About this task
Copy exactly the lines that run from the one containing "(ok tt, s')" through the end of the entries, both ends included.

(Saved data entries)
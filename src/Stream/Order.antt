-- ===== src/Stream/Order.antt =====
-- The cursor never covers a transaction whose rows still wait in memory.
use mathlib.Core.Path.{subst}
use jack_courier_driver_pglg.Prelude.{
  ◌<◌, ◌≡◌, refl, sym, [], ◌∷◌, List, Option, none, some, Bytes, arith, max,
}
use jack_courier_driver_pglg.Errors.{Result, ok, err, standby_timeout}
use jack_courier_driver_pglg.Row.{
  Lsn, ParsedInsert, WalMessage, begin, relation, insert, commit, other,
}
use jack_courier_driver_pglg.Wal.{Decoders, set_relation, parse_insert, receive_message}
use jack_courier_driver_pglg.Wal.Receive.{receive_message-Receives}
use jack_courier_driver_pglg.Parser.Message.{parse_wal_message}
use jack_courier_driver_pglg.Cursor.{cursor_lsn}
use jack_courier_driver_pglg.Stream.{
  Limits, Stream, Inputs, next_receive_deadline, timed_flush, clock_after, standby_tick, on_row,
  on_message, on_parsed, on_received, receive_round, round, run,
}
use jack_courier_driver_pglg.Stream.Then.{Then, on, off, Then-▹, Then-if, Then-here, Then-ok}
use jack_courier_driver_pglg.Stream.Conservation.{before_receive}
use jack_courier_driver_pglg.Stream.Covered.{
  IsCovered, timed_flush-IsCovered, standby_tick-IsCovered, on_commit-IsCovered,
}

-- The commit that a received payload carries.
abbrev pub commit_of_message : Result WalMessage → Option Lsn
commit_of_message (ok (commit l)) = some l
commit_of_message _ = none

-- A commit, if there is one, lies past `b`.
abbrev Ahead : Lsn → Option Lsn → Type 0
Ahead b none = Unit
Ahead b (some l) = b < l

Ahead-some : {b : Lsn} (o : Option Lsn) → Ahead b o → (l : Lsn) → o ≡ some l → b < l
Ahead-some none h l e = absurd (ground arith)
Ahead-some (some k) h l e = ground arith

module _ (lib : Decoders) (cfg : Limits) where
  abbrev pub commit_of_data : Result (Option Bytes) → Option Lsn
  commit_of_data (ok (some wal_data)) = commit_of_message (parse_wal_message lib.parse_v2 wal_data)
  commit_of_data _ = none

  abbrev pub commit_of_receive : Inputs → Stream → Option Lsn
  commit_of_receive i s =
      let deadline = next_receive_deadline s.next_batch_at s.next_standby_at in
      commit_of_data (receive_message lib (i.arrives deadline) i.reply s.wal).0

  -- PostgreSQL sends transactions in the order of their ends: a commit that arrives lies past the
  -- commits before it and past the WAL received before it.
  abbrev pub InOrder : List Inputs → Stream → Type 0
  InOrder [] s = Unit
  InOrder (i ∷ is) s =
      let t = (before_receive lib cfg i s).1 in
      Ahead (max t.pending_commit_lsn t.wal.client_pos) (commit_of_receive i t)
      × InOrder is (round lib cfg i s).1

  on_message-IsCovered :
      (i : Inputs) (m : WalMessage) (s : Stream)
      → ((l : Lsn) → commit_of_message (ok m) ≡ some l → cursor_lsn s.db < l)
      → IsCovered s
      → Then IsCovered (on_message lib cfg i m s)
  unfolding on_message on_row set_relation
  on_message-IsCovered i begin s h c =
      on tt _ (record { open_txs = c.open_txs; rows = c.rows; ahead = c.ahead; bound = c.bound })
  on_message-IsCovered i (relation r) s h c =
      on tt _ (record { open_txs = c.open_txs; rows = c.rows; ahead = c.ahead; bound = c.bound })
  on_message-IsCovered i (insert ins) s h c = on tt _ (go (parse_insert lib ins s.wal))
    where
      go : (r : Result (Option ParsedInsert)) → IsCovered (on_row r s)
      go (err e) = c
      go (ok none) = c
      go (ok (some p)) = record {
        open_txs = c.open_txs;
        rows = c.rows;
        ahead = c.ahead;
        bound = c.bound;
      }
  on_message-IsCovered i (commit l) s h c = on_commit-IsCovered cfg i l s (h l refl) c
  on_message-IsCovered i other s h c = on tt s c

  on_received-IsCovered :
      (i : Inputs) (r : Result (Option Bytes)) (s : Stream)
      → ((l : Lsn) → commit_of_data r ≡ some l → cursor_lsn s.db < l)
      → IsCovered s
      → Then IsCovered (on_received lib cfg i r s)
  unfolding on_received on_parsed
  on_received-IsCovered i (err standby_timeout) s h c = on tt s c
  on_received-IsCovered i (err e) s h c = off _ s
  on_received-IsCovered i (ok none) s h c = on tt s c
  on_received-IsCovered i (ok (some wal_data)) s h c =
      go (parse_wal_message lib.parse_v2 wal_data) h
    where
      go :
          (m : Result WalMessage)
          → ((l : Lsn) → commit_of_message m ≡ some l → cursor_lsn s.db < l)
          → Then IsCovered (on_parsed lib cfg i m s)
      go (err e) k = on tt s c
      go (ok m) k = on_message-IsCovered i m s k c

  receive_round-IsCovered :
      (i : Inputs) (s : Stream)
      → Ahead (max s.pending_commit_lsn s.wal.client_pos) (commit_of_receive i s)
      → IsCovered s
      → Then IsCovered (receive_round lib cfg i s)
  unfolding receive_round
  receive_round-IsCovered i s h c =
      let answer = i.arrives (next_receive_deadline s.next_batch_at s.next_standby_at) in
      let kept = receive_message-Receives lib answer i.reply s.wal in
      on_received-IsCovered i (receive_message lib answer i.reply s.wal).0
        (record s {
          session = record s.session { wal = (receive_message lib answer i.reply s.wal).1 };
        })
        (λ l e. omega (arith, Ahead-some _ h l e, c.bound))
        (record {
          open_txs = c.open_txs;
          rows = c.rows;
          ahead = c.ahead;
          bound = omega (arith, kept.position, c.bound);
        })

  run-Then :
      (is : List Inputs) (s : Stream)
      → InOrder is s
      → IsCovered s
      → Then IsCovered (run lib cfg is s)
  unfolding run round
  run-Then [] s o c = on tt s c
  run-Then (i ∷ is) s o c =
      Then-▹ (round lib cfg i s) (run lib cfg is)
        (Then-here (
          Then-if i.done _ _ (λ stop. off _ s)
            (λ go_on.
              Then-▹ (before_receive lib cfg i s) (receive_round lib cfg i)
                (Then-here (
                  Then-▹ (timed_flush i s) (standby_tick cfg i (clock_after i s))
                    (timed_flush-IsCovered i s c) (standby_tick-IsCovered cfg i (clock_after i s))))
                (λ t (d, at).
                  receive_round-IsCovered i t
                    (subst
                      (λ x.
                        Ahead (max x.pending_commit_lsn x.wal.client_pos) (commit_of_receive i x))
                      (sym at) o.0)
                    d))))
        (λ t (d, at). run-Then is t (subst (InOrder is) (sym at) o.1) d)

  -- When each commit that arrives lies past the commits and the WAL received before it, a stream
  -- whose pending rows belong to transactions past its durable cursor stays so over any rounds that
  -- go on: no timed, full or idle flush moves the cursor over a committed transaction whose rows
  -- were not passed to jack-service.
  pub run-IsCovered :
      (is : List Inputs) (s s' : Stream)
      → InOrder is s
      → IsCovered s
      → run lib cfg is s ≡ (ok tt, s')
      → IsCovered s'
  run-IsCovered is s s' o c h = Then-ok (run-Then is s o c) h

Response below
      → run lib cfg is s ≡ (ok tt, s')
      → IsCovered s'
  run-IsCovered is s s' o c h = Then-ok (run-Then is s o c) h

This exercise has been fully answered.